Dataset queries → "dataset", "4.2"
Conclusion queries → "conclusion", "6."

Matching sections receive additional ranking boosts during final scoring.

This dramatically improved retrieval quality for structurally repetitive academic papers.

Decisions worth calling out

Hybrid retrieval over embedding-only search — dense retrieval alone was inconsistent for technical terminology.
Cross-encoder reranking only at final stages — reranking everything would have been computationally expensive.
Section priors as explicit heuristics — embeddings often fail to capture structural intent reliably.
Noise filtering before reranking — removing references and figure captions improved reranker quality significantly.
Low-temperature generation — the LLM layer prioritizes factual grounding over creativity.

Trade-offs I made

The biggest trade-off was latency versus retrieval quality.

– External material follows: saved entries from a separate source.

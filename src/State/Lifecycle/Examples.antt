-- ===== src/State/Lifecycle/Examples.antt =====
-- `process` of src/mr_hide/state/lifecycle.py at one text.
use mr_hide.Prelude.{
  ◌+◌, ◌≡◌, refl, ap, ◌⊎◌, none, some, [], ◌∷◌, text, text_le, text_eq, is_prefix, contains,
}
use mr_hide.Prelude.Decimal.{is_digit, decimal}
use mr_hide.Prelude.Dict.{get, put_all}
use mr_hide.Prelude.Sorting.{sorted}
use mr_hide.Errors.{ok}
use mr_hide.Policy.{alias, protect, PolicyDecision}
use mr_hide.Privacy.Overlap.{
  default_priority, ranks_before, overlaps, accept, starts_before, resolve_overlaps,
}
use mr_hide.Privacy.Normalization.{normalize_entity, entity_family}
use mr_hide.Privacy.Scoring.{safe_cost, safe_metric, utf8_length}
use mr_hide.Privacy.Mapping.{
  to_set, is_invalid, nests, check_items, check_records, mapping_table, find_record,
}
use mr_hide.Privacy.Mapping.Substitutes.{
  candidate_aliases, collides, score_all, cheaper, least, choose, allocate_alias_loop,
  allocate_alias, surrogate_candidate, allocate_surrogate_loop, allocate_surrogate, used_count,
  next_substitute,
}
use mr_hide.Privacy.Mapping.Transform.{
  add_record, new_record, known_record, replace_span, replace_spans, splice_all, total_cost, finish,
  transform_text,
}
use mr_hide.State.Models.{
  aware, require_utc, UuidLibrary, uuid, parse_conversation_id, ConversationState, check_state,
  conversation_state, next_revision,
}
use mr_hide.State.Store.{
  Files, lookup, replace, unlink, locked, read_unlocked, write_unlocked, delete_unlocked,
}
use mr_hide.State.Repository.{
  load_unlocked, encrypted, write_state, load, save_over, save_unlocked, save,
}
use mr_hide.State.Lifecycle.{
  protected_status, ConversationResult, active, World, is_expired, unless_expired, load_active,
  save_next, commit_text,
}
use mr_hide.State.Lifecycle.Process.{
  rewritten, commit_rewritten, process_state, process_loaded, process,
}
use mr_hide.State.Lifecycle.Safety.{Released, process-Released}
use mr_hide.Fixtures.{alone, one_codec, quiet, tables, note, name_span}
use mr_hide.State.Lifecycle.Retention.{IsFresh, IsReloaded, load_active-IsFresh}

abbrev calm : World
calm = record { env = λ i. quiet; clock = λ i. aware (600 + i) }

abbrev uuids : UuidLibrary
uuids = record { read = λ t. none; write = decimal }

abbrev protect_alias : PolicyDecision
protect_alias = record { action = protect; substitution_mode = alias; warning_code = none }

abbrev before : Files
before = (7, 4 ∷ []) ∷ []

abbrev answered : ConversationResult
unfolding text
answered = record {
  status = protected_status;
  conversation_id = 7;
  text = some (text "I am <P0>");
  reason = none;
  warning_code = none;
}

service_engine : Unit {0}
unfolding text text_eq is_prefix contains decimal is_digit get put_all sorted text_le ranks_before
    overlaps accept starts_before default_priority resolve_overlaps normalize_entity entity_family
    utf8_length safe_cost safe_metric to_set is_invalid nests check_items check_records
    mapping_table find_record candidate_aliases collides score_all cheaper least choose
    allocate_alias_loop allocate_alias surrogate_candidate allocate_surrogate_loop
    allocate_surrogate used_count next_substitute add_record new_record known_record replace_span
    replace_spans splice_all total_cost finish transform_text locked lookup replace unlink
    read_unlocked write_unlocked delete_unlocked load_unlocked encrypted write_state load save_over
    save_unlocked save check_state conversation_state next_revision require_utc
    parse_conversation_id is_expired unless_expired load_active save_next commit_text rewritten
    commit_rewritten process_state process_loaded process
service_engine = tt

process_run :
    process tables decimal one_codec calm uuids (uuid 7) note (name_span ∷ []) protect_alias before
    ≡ ((7, 5 ∷ []) ∷ [], ok answered)
unfolding service_engine note name_span answered
process_run = refl

process-Released_example :
    (state : ConversationState) × (found : Files) × (load_active one_codec calm 7 before
      ≡ (found, ok (active state)))
    × Released tables decimal one_codec calm 7 note
        (name_span ∷ [])
        protect_alias
        (text "I am <P0>")
        state
        found
        (process tables decimal one_codec calm uuids
          (uuid 7)
          note
          (name_span ∷ [])
          protect_alias
          before).0
process-Released_example =
    process-Released tables decimal one_codec calm 7 note (name_span ∷ []) protect_alias uuids
      (uuid 7) before parsed (ap (λ m. m.1) process_run) has_text
  where
    parsed : parse_conversation_id uuids (uuid 7) ≡ ok 7
    parsed = unfold service_engine in refl

    has_text : answered.text ≡ some (text "I am <P0>")
    has_text = unfold answered in refl

load_active_run : (load_active one_codec calm 7 before).1 ≡ ok (active alone)
unfolding service_engine
load_active_run = refl

load_active-IsFresh_example :
    IsFresh one_codec calm 7 alone before ⊎ IsReloaded one_codec calm 7 alone before
load_active-IsFresh_example = load_active-IsFresh one_codec calm 7 before alone load_active_run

Multi-stage retrieval pipelines improve answer accuracy substantially, but every stage adds additional compute and orchestration overhead.

Cross-encoder reranking especially improves relevance quality while becoming the slowest part of the retrieval stack.

I also intentionally constrained the generator with strict anti-hallucination prompting, which occasionally produces incomplete answers instead of speculative ones.

I preferred conservative generation over confident hallucination.

Evaluation & debugging

The system includes dedicated retrieval evaluation tooling.

Metrics include:

Recall@5
Mean Reciprocal Rank (MRR)
Hit Rate

I also built a failure analysis pipeline to inspect retrieval misses and ranking mistakes.

FAILED QUERY:
"What is the dynamic obstacle scenario?"
 
Expected:
Section 4.2
 
Retrieved:
Section 3.1 reward function

This made it significantly easier to improve ranking heuristics iteratively.

Performance

The retrieval system supports:

FAISS approximate nearest-neighbor search
HNSW indexing for larger corpora
modular retrieval pipelines
configurable chunk sizes
adjustable reranking depth
tunable retrieval fusion weights

The architecture was designed to remain extensible rather than tightly coupled to one model provider or retrieval strategy.

What it taught me

This project changed how I think about retrieval systems.

A good RAG pipeline is rarely about a single model. Most of the performance gains come from orchestration — retrieval quality, ranking strategy, chunking logic, structural priors, and context construction.

It also taught me that academic document retrieval is fundamentally different from generic semantic search. Papers have structure, hierarchy, and recurring patterns that retrieval systems need to understand explicitly instead of treating everything as flat text.